Department of Clinical Biochemistry, School of Medicine, Shahid Sadoughi University of Medical Sciences, Yazd, I.R. Iran.
Department of Clinical Biochemistry, School of Pharmacy and Pharmaceutical Sciences, Isfahan University of Medical Sciences, Isfahan, Iran.
Curr Mol Pharmacol. 2023;16(4):448-464. doi: 10.2174/1874467215666220829102020.
The increasing number of cases of diabetes mellitus (DM) and related diseases has become a global health concern. In this context, controlling blood glucose levels is critical to prevent and/or slow down the development of diabetes-related complications. Incretins, as gutderived hormones that trigger the post-meal secretion of insulin, are a well-known family of blood glucose modulators. Currently, incretin medications, including glucagon-like peptide-1 receptor agonist (GLP-1RA) and dipeptidyl peptidase-4 (DPP-4) inhibitors, are extensively used to treat patients with type 2 diabetes mellitus (T2D). Several experimental and clinical studies illustrate that these metabolic hormones exert their antidiabetic effects through multiple molecular mechanisms. Accordingly, the current review aims to investigate key mechanisms and signaling pathways, such as the cAMP/PKA, Nrf2, PI3K/Akt, and AMPK pathways, associated with the antidiabetic effects of incretins. It also summarizes the outcomes of a group of clinical trials evaluating the incretins' antidiabetic potential in diabetic patients.

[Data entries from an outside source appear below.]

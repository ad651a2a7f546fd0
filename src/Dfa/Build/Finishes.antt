-- ===== src/Dfa/Build/Finishes.antt =====
-- The loop over the unfinished states: when it ends, every state of the DFA is done.
use mathlib.Core.List.Memᴰ
use mathlib.Core.Bool.{true≢false}
use mathlib.Core.List.{Memᴰ}
use mathlib.Core.Path.{subst}
use tesla.Base.{
  ==_iff, ==_self, List, Run, Yields, Yields-bind, Yields-if, Yields-ok, [], ap, contains,
  exhausted, false, fault, inl, inr, length, ok, or-cases, or-left, or-right, refl, suc, sym, true,
  zero, ℕ, ◌<◌, ◌==◌, ◌∙◌, ◌∷◌, ◌≡◌,
}
use tesla.Automata.{GraphTransition}
use tesla.Automata.Graph.{Graph}
use tesla.Automata.Graph.Numbers.{Numbered}
use tesla.Automata.Graph.Out.{out_of-mem}
use tesla.Dfa.{StateSet, members_from}
use tesla.Dfa.Build.{
  Builder, Round, Unfinished, all_out, emit_state, finish_state, finish_states,
  state_for_nfa_states, take_members, while_unfinished,
}
use tesla.Dfa.Build.Book.{Book, Done, Done-Onward, SetFits, SetOf}
use tesla.Dfa.Build.Emits.{Emitting}
use tesla.Dfa.Build.Outs.{outs-member}
use tesla.Dfa.Build.Picks.{state_for_nfa_states-Picked}
use tesla.Dfa.Build.Rounds.{emitted-Done, take_members-Emits}
use tesla.Dfa.Reach.{Layered}
use tesla.Store.{fit}

-- A builder between two rounds: the finished states are done.
abbrev pub Kept : ℕ → Graph → StateSet → (StateSet → Type 0) → Builder → Type 0
Kept depth nfa first extra b = Book depth nfa first b.finished extra b

module _ (depth : ℕ) (nfa : Graph) (rank : ℕ → ℕ) (layers : Layered nfa rank)
    (deep : (s : ℕ) → s < length nfa.states → rank s < depth) (numbers : Numbered nfa.transitions)
    (first : StateSet) where
  abbrev Everything : Builder → Type 0
  Everything = Kept depth nfa first (λ ns. ⊥)

  module _ (ns : StateSet) where
    outs-inside :
        (t : GraphTransition)
        → Memᴰ t (all_out depth nfa (members_from 0 ns))
        → t.to < length nfa.states
    outs-inside t m = let (s, _, out) = (outs-member depth nfa ns t).0 m in layers.inside s t out

    outs-placed :
        (t : GraphTransition)
        → Memᴰ t (all_out depth nfa (members_from 0 ns))
        → Memᴰ t nfa.transitions
    outs-placed t m =
        let (s, _, out) = (outs-member depth nfa ns t).0 m in (out_of-mem s nfa.transitions t out).0

    outs_unique :
        (t u : GraphTransition)
        → Memᴰ t (all_out depth nfa (members_from 0 ns))
        → Memᴰ u (all_out depth nfa (members_from 0 ns))
        → t.address ≡ u.address
        → t ≡ u
    outs_unique t u m k same = numbers.unique t u (outs-placed t m) (outs-placed u k) same

  -- The set `ns` has the state `ds`, which is finished.
  no_extra :
      (ns : StateSet) (done : List ℕ) (ds : ℕ) (b : Builder) (fs : List ℕ)
      → SetOf b ds ns
      → contains fs ds ≡ true
      → ((i : ℕ) → contains b.finished i ≡ true → contains fs i ≡ true)
      → Book depth nfa first done (λ ms. ns ≡ ms) b
      → Book depth nfa first done (λ ms. ⊥) (record b { finished = fs })
  no_extra ns done ds b fs at has more book = record {
    begins = book.begins;
    distinct = book.distinct;
    aligned = book.aligned;
    fits = book.fits;
    fits_later = book.fits_later;
    waiting = λ i ms here. elim (book.waiting i ms here) [
      | inl finished ↦ inl (more i finished)
      | inr (inl later) ↦ inr (inl later)
      | inr (inr is) ↦
          let same : ds ≡ i = book.distinct ds i ms (subst (SetOf b ds) is at) here in
          inl (subst (λ n. contains fs n ≡ true) same has)
    ];
    origin = λ e m. more e.from (book.origin e m);
    settled = λ d h.
        Done-Onward depth nfa b (record b { finished = fs }) d
          (record {
            sets = λ i ms here. here;
            still = λ e m. record { member = m.member; source = m.source };
            back = λ e m. record { member = m.member; source = m.source };
          })
          (book.settled d h);
  }

  -- The states done, with one more.
  more-Done :
      (done : List ℕ) (ds : ℕ) (b : Builder)
      → Done depth nfa b ds
      → b.finished ≡ ds ∷ done
      → Book depth nfa first done (λ ns. ⊥) b
      → Everything b
  more-Done done ds b one list book = record {
    begins = book.begins;
    distinct = book.distinct;
    aligned = book.aligned;
    fits = book.fits;
    fits_later = book.fits_later;
    waiting = book.waiting;
    origin = book.origin;
    settled = λ d h.
        elim (or-cases (ds == d) (contains done d) (subst (λ fs. contains fs d ≡ true) list h)) [
          | inl is ↦ subst (Done depth nfa b) ((==_iff ds d).0 is) one
          | inr old ↦ book.settled d old
        ];
  }

  emit_state-Everything :
      (done : List ℕ) (ds : ℕ) (u : Unfinished) (b : Builder)
      → contains done ds ≡ false
      → b.finished ≡ done
      → SetOf b ds u.members
      → Book depth nfa first done (λ ms. u.members ≡ ms) b
      → Yields (emit_state depth nfa ds u b) Everything
  unfolding emit_state
  emit_state-Everything done ds u b fresh list at book =
      let mine = or-left (ds == ds) (contains b.finished ds) (==_self ds) in
      let Rest = λ (rest : List GraphTransition) (r : Round).
        (passed : List GraphTransition) × Emitting depth nfa first done ds u.members passed rest
          r in
      Yields-bind (Rest []) Everything (take_members depth nfa ds (members_from 0 u.members) _) _
        (take_members-Emits depth nfa rank layers deep first done ds u.members fresh
          (outs-inside u.members) (outs_unique u.members) (members_from 0 u.members)
          (record {
            builder = record b { finished = ds ∷ b.finished };
            finished_transitions = [];
            start = u.start;
            final = u.final;
          })
          (
            [],
            record {
              book =
                  no_extra u.members done ds b (ds ∷ b.finished) at mine
                    (λ i h. or-right (ds == i) (contains b.finished i) h) book;
              here = mine;
              list = ap (λ fs. ds ∷ fs) list;
              at = at;
              split = record {
                covers = λ t m. inr m;
                passed_in = λ t m. absurd (Memᴰ.not-nil m);
                rest_in = λ t m. m;
              };
              caused = λ v m h. cc;
              marked = λ t v m k solid same. absurd (Memᴰ.not-nil m);
              served = λ t m solid. absurd (Memᴰ.not-nil m);
              exact = λ e leaves.
                  let known : contains b.finished ds ≡ true =
                    subst (λ d. contains b.finished d ≡ true) leaves.source
                      (book.origin e leaves.member) in
                  absurd (true≢false (sym known ∙ ap (λ fs. contains fs ds) list ∙ fresh));
            },
          ))
        λ r emitted.
          let (one, kept, longer) =
            emitted-Done depth nfa rank layers deep first done ds u.members fresh
              (outs-inside u.members) (outs_unique u.members) r emitted in
          Yields-ok Everything r.builder (more-Done done ds r.builder one longer kept)

  finish_state-Everything :
      (u : Unfinished) (b₀ : Builder)
      → SetFits nfa u.members u.final
      → Kept depth nfa first (λ ms. u.members ≡ ms) b₀
      → Yields (finish_state depth nfa u b₀) Everything
  unfolding finish_state
  finish_state-Everything u b₀ fit book =
      let p =
        state_for_nfa_states-Picked depth nfa first b₀.finished (λ ms. u.members ≡ ms) u.members
          u.start u.final b₀ fit book in
      let picked = state_for_nfa_states u.members u.start u.final b₀ in
      Yields-if Everything (contains picked.1.finished picked.0) (ok picked.1) _
        (λ before. Yields-ok Everything picked.1 (
          subst (λ fs. Book depth nfa first fs (λ ns. ⊥) picked.1) (sym p.same_finished)
            (no_extra u.members b₀.finished picked.0 picked.1 picked.1.finished p.at before
              (λ i h. h) p.book)))
        λ fresh.
          emit_state-Everything b₀.finished picked.0 u picked.1
            (subst (λ fs. contains fs picked.0 ≡ false) p.same_finished fresh) p.same_finished p.at
            p.book

  -- A set that is taken off the unfinished ones is extra.
  popped :
      (u : Unfinished) (us : List Unfinished) (b : Builder)
      → u ∷ us ≡ b.unfinished
      → Everything b
      → Kept depth nfa first (λ ms. u.members ≡ ms) (record b { unfinished = us })
  popped u us b e book = record {
    begins = book.begins;
    distinct = book.distinct;
    aligned = book.aligned;
    fits = book.fits;
    fits_later = λ v m. book.fits_later v (subst (Memᴰ v) e (Memᴰ.tail m));
    waiting = λ i ms here. elim (book.waiting i ms here) [
      | inl finished ↦ inl finished
      | inr (inl (v, m, is)) ↦ elim (Memᴰ.cases_cons (subst (Memᴰ v) (sym e) m)) [
        | inl mine ↦ inr (inr (ap (λ (x : Unfinished). x.members) (sym mine) ∙ is))
        | inr later ↦ inr (inl (v, later, is))
      ]
      | inr (inr never) ↦ absurd never
    ];
    origin = book.origin;
    settled = λ d h.
        Done-Onward depth nfa b (record b { unfinished = us }) d
          (record { sets = λ i ms here. here; still = λ x m. m; back = λ x m. m })
          (book.settled d h);
  }

  -- What the loop ends with.
  abbrev pub Finished : Builder → Type 0
  Finished b = Everything b × (b.unfinished ≡ [])

  while_unfinished-Finished :
      (again : Builder → Run Builder) (us : List Unfinished) (b : Builder)
      → us ≡ b.unfinished
      → Everything b
      → ((b' : Builder) → Everything b' → Yields (again b') Finished)
      → Yields (while_unfinished depth nfa again us b) Finished
  unfolding while_unfinished
  while_unfinished-Finished again [] b e book next = Yields-ok Finished b (book, sym e)
  while_unfinished-Finished again (u ∷ us) b e book next =
      Yields-bind Everything Finished (finish_state depth nfa u (record b { unfinished = us }))
        again
        (finish_state-Everything u (record b { unfinished = us })
          (book.fits_later u (subst (Memᴰ u) e (Memᴰ.head refl))) (popped u us b e book))
        next

  pub finish_states-Finished :
      (rounds : ℕ) (b : Builder) → Everything b → Yields (finish_states depth nfa rounds b) Finished
  unfolding finish_states
  finish_states-Finished zero b book =
      while_unfinished-Finished (λ _. fault exhausted) b.unfinished b refl book (λ b' _ v never. cc)
  finish_states-Finished (suc rounds) b book =
      while_unfinished-Finished (finish_states depth nfa rounds) b.unfinished b refl book
        (finish_states-Finished rounds)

糖尿病(DM)和相关疾病的病例不断增加,已成为全球关注的健康问题。在这种情况下,控制血糖水平对于预防和/或减缓糖尿病相关并发症的发展至关重要。肠促胰岛素是一类已知的血糖调节剂,作为源自肠道的激素,可触发餐后胰岛素分泌。目前,胰高血糖素样肽-1 受体激动剂(GLP-1RA)和二肽基肽酶-4(DPP-4)抑制剂等肠促胰岛素类药物被广泛用于治疗 2 型糖尿病(T2D)患者。多项实验和临床研究表明,这些代谢激素通过多种分子机制发挥其抗糖尿病作用。因此,本综述旨在研究与肠促胰岛素的抗糖尿病作用相关的关键机制和信号通路,如 cAMP/PKA、Nrf2、PI3K/Akt 和 AMPK 通路。还总结了一组评估肠促胰岛素在糖尿病患者中抗糖尿病潜力的临床试验的结果。